I have no way to determine whether I’m in the 4% group that could’ve prevented my cancer through a lifestyle choice, but I feel some reassurance that I probably didn’t bring this upon myself.

Much research will continue to be published and likely fall into both frameworks, but it’s a fruitless battle.

Carroll wisely points out:

A bigger concern to me is that people might interpret these findings as assigning fault to people who get cancer. You don’t want to get into situations where you feel as if people don’t deserve help because they didn’t try hard enough to stay healthy. Much of cancer is still out of people’s control.

And even though we yearn for it, there’s no formula for guaranteeing a cancer-free life. There are too many variables and permutations among types of cancer, cells, and environments. We want a bright line for what we should and should not do when we’d be better off working to accept that uncertainty is inevitable and healthy living comes down to common sense.

Want to prevent cervical cancer? The HPV vaccination is a no-brainer. Don’t want lung cancer? Don’t smoke cigarettes, but be aware that as many as 20% of people who die of lung cancer never smoked.

At worst, cancer research becomes a tool for reductive healthy living claims, at best it presents a better understanding how these diseases behave. There’s so much oncologists still don’t know.

When I talked to Cliff Hudis, an oncologist who specializes in breast cancer at Memorial Sloan Kettering, he told me, “You’re constantly dividing and reducing your cells and you can almost marvel that you don’t get more cancer earlier in life. It’s almost miraculous it doesn’t go wrong immediately.”

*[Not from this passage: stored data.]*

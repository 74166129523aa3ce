-- ===== src/Budget/Ledger.antt =====
-- bothy/budget.py, BudgetLedger: reservations and spend, durable across a crash. One call is one
-- transaction under the ledger's lock. It reads the clock once, at `Env.now`, in microseconds.
use bothy.Common.{
  ℕ, ◌+◌, ◌/◌, max, String, Bool, true, false, Option, none, some, List, [], ◌∷◌, ltb, ◌==◌, str_eq,
  if◌then◌else◌, length, Result, ok, err, value_or,
}
use bothy.Dict
use bothy.Dict.{Dict}
use bothy.Budget.Policy.{api, subscription, BudgetPolicy, unit, per_run, ceiling, cap_name}

pub record Reservation : Type 0 where
  pub id : String
  pub run_id : String
  pub amount : ℕ
  pub unit : String
  pub reserved_at : ℕ
  pub expires_at : ℕ
  pub actual : ℕ

-- the larger of promise and spend
unfoldable pub held : Reservation → ℕ
held r = max r.amount r.actual

-- what the JSON file holds
pub record State : Type 0 where
  pub day : ℕ
  pub accrued : ℕ
  pub reservations : Dict Reservation
  pub recovered : Bool

-- the file: not there, not readable as an object, or a state
pub data File : Type 0 where
  missing corrupt : File
  saved : State → File

-- what a call meets: the clock, the id that `ids.reservation_id` mints, and whether the disk takes
-- the write
pub record Env : Type 0 where
  pub now : ℕ
  pub fresh_id : String
  pub disk_ok : Bool

pub record BudgetRefused : Type 0 where
  pub cap : String
  pub limit : ℕ
  pub current : ℕ
  pub requested : ℕ
  pub unit : String
  pub resets_at : Option String

pub data LedgerError : Type 0 where
  refused : BudgetRefused → LedgerError
  needs_observed_used : LedgerError
  os_error : LedgerError

abbrev pub Call : Type 0 → Type 0
Call A = File × Result LedgerError A

-- the UTC day of an instant
unfoldable pub today : ℕ → ℕ
today now = now / 86400000000

unfoldable pub load : ℕ → File → State
unfolding today
load now missing = record { day = today now; accrued = 0; reservations = []; recovered = false }
load now corrupt = record { day = today now; accrued = 0; reservations = []; recovered = true }
load now (saved s) = s

-- the temporary file is fsynced and then replaces the old one; a failure leaves the old one
unfoldable pub save : {A : Type 0} → Env → File → State → A → Call A
save env f s a = if env.disk_ok then (saved s, ok a) else (f, err os_error)

unfoldable pub roll_day : ℕ → State → State
unfolding today
roll_day now s = if s.day == today now then s else record s { day = today now; accrued = 0 }

unfoldable pub outstanding : State → ℕ
unfolding held Dict.sum_values
outstanding s = Dict.sum_values held s.reservations

-- in api mode the ledger counts the spend itself
unfoldable pub accrue : BudgetPolicy → ℕ → ℕ → ℕ
accrue p accrued spent = elim p.mode [ api ↦ accrued + spent | subscription ↦ accrued ]

-- One pass over the rows: those that `gone` picks are popped and accrued at what they held.
unfoldable pub reap :
    BudgetPolicy
    → (Reservation → Bool)
    → ℕ
    → Dict Reservation
    → record { rows : Dict Reservation; accrued : ℕ; reaped : List Reservation }
unfolding accrue held
reap p gone accrued [] = record { rows = []; accrued = accrued; reaped = [] }
reap p gone accrued ((key, r) ∷ rows) =
    let here = gone r in
    let rest = reap p gone (if here then accrue p accrued (held r) else accrued) rows in
    if here
    then record { rows = rest.rows; accrued = rest.accrued; reaped = r ∷ rest.reaped }
    else record { rows = (key, r) ∷ rest.rows; accrued = rest.accrued; reaped = rest.reaped }

unfoldable pub sweep : BudgetPolicy → (Reservation → Bool) → State → State × List Reservation
unfolding reap
sweep p gone s =
    let out = reap p gone s.accrued s.reservations in
    (record s { accrued = out.accrued; reservations = out.rows }, out.reaped)

-- clock.age_seconds(expires_at) > 0
unfoldable pub is_expired : ℕ → Reservation → Bool
is_expired now r = ltb r.expires_at now

unfoldable pub drop_expired : BudgetPolicy → ℕ → State → State × List Reservation
drop_expired p now = sweep p (is_expired now)

-- the figure that the mode trusts: our own total, or Codex's
unfoldable pub base : BudgetPolicy → State → Option ℕ → Option ℕ
base p s observed_used = elim p.mode [ api ↦ some s.accrued | subscription ↦ observed_used ]

-- the state that `reserve` decides on
unfoldable pub current : BudgetPolicy → ℕ → File → State
current p now f = (drop_expired p now (roll_day now (load now f))).0

abbrev pub new_reservation : BudgetPolicy → Env → String → ℕ → Reservation
new_reservation p env run_id want = record {
  id = env.fresh_id;
  run_id = run_id;
  amount = want;
  unit = unit p;
  reserved_at = env.now;
  expires_at = env.now + p.reservation_ttl;
  actual = 0;
}

-- the ceiling test of `reserve`, once the figure `used` is known
unfoldable pub hold :
    BudgetPolicy → Env → File → State → String → ℕ → ℕ → Option String → Call Reservation
hold p env f s run_id want used resets_at =
    let reserved = outstanding s in
    let r = new_reservation p env run_id want in
    if ltb (ceiling p) (used + reserved + want)
    then (
      f,
      err (
          refused (record {
            cap = cap_name p;
            limit = ceiling p;
            current = used + reserved;
            requested = want;
            unit = unit p;
            resets_at = resets_at;
          })),
    )
    else save env f (record s { reservations = Dict.set s.reservations r.id r }) r

unfoldable pub reserve :
    BudgetPolicy → Env → File → String → Option ℕ → Option ℕ → Option String → Call Reservation
reserve p env f run_id amount observed_used resets_at =
    let want = value_or amount (per_run p) in
    let s = current p env.now f in
    elim (base p s observed_used) [
      | none ↦ (f, err needs_observed_used)
      | some used ↦ hold p env f s run_id want used resets_at
    ]

unfoldable pub report : Env → File → String → ℕ → Call (Option Reservation)
report env f reservation_id actual =
    let s = load env.now f in
    elim (Dict.get s.reservations reservation_id) [
      | none ↦ (f, ok none)
      | some r ↦
          let r' = record r { actual = actual } in
          save env f (record s { reservations = Dict.set s.reservations reservation_id r' })
            (some r')
    ]

unfoldable pub settle : BudgetPolicy → Env → File → String → Option ℕ → Call ℕ
settle p env f reservation_id actual =
    let s = roll_day env.now (load env.now f) in
    elim (Dict.get s.reservations reservation_id) [
      | none ↦ save env f s 0
      | some r ↦
          let spent = value_or actual r.actual in
          save env f
            (record s {
              accrued = accrue p s.accrued spent;
              reservations = Dict.remove s.reservations reservation_id;
            })
            spent
    ]

-- `if rows: self._save(state)`, then `return rows`
unfoldable pub save_if_any : Env → File → State × List Reservation → Call (List Reservation)
unfolding save
save_if_any env f (s, []) = (f, ok [])
save_if_any env f (s, r ∷ rs) = save env f s (r ∷ rs)

unfoldable pub settle_run : BudgetPolicy → Env → File → String → Call (List Reservation)
settle_run p env f run_id =
    save_if_any env f (sweep p (λ r. str_eq r.run_id run_id) (roll_day env.now (load env.now f)))

unfoldable pub expire_stale : BudgetPolicy → Env → File → Call (List Reservation)
expire_stale p env f =
    save_if_any env f (drop_expired p env.now (roll_day env.now (load env.now f)))

pub record Snapshot : Type 0 where
  pub used : ℕ
  pub reserved : ℕ
  pub total : ℕ
  pub limit : ℕ
  pub in_flight : ℕ
  pub day : ℕ

-- the headroom, `limit - total`, may be negative, and is left to the reader of the two figures
unfoldable pub snapshot : BudgetPolicy → ℕ → File → Option ℕ → Snapshot
snapshot p now f observed_used =
    let s = roll_day now (load now f) in
    let used : ℕ = elim p.mode [ api ↦ s.accrued | subscription ↦ value_or observed_used 0 ] in
    record {
      used = used;
      reserved = outstanding s;
      total = used + outstanding s;
      limit = ceiling p;
      in_flight = length s.reservations;
      day = s.day;
    }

But after recently reading Siddhartha Mukherjee’s The Emperor of All Maladies: A Biography of Cancer, I was struck by just the opposite. The thousands of mutations of DNA that have to occur over the years in just the right places for cancer to persist seems like such a freak occurrence.

Minimizing risk factors makes sense. What does not is embracing a belief that a behavior will simply cause cancer, that it’s either “bad luck” or preventable.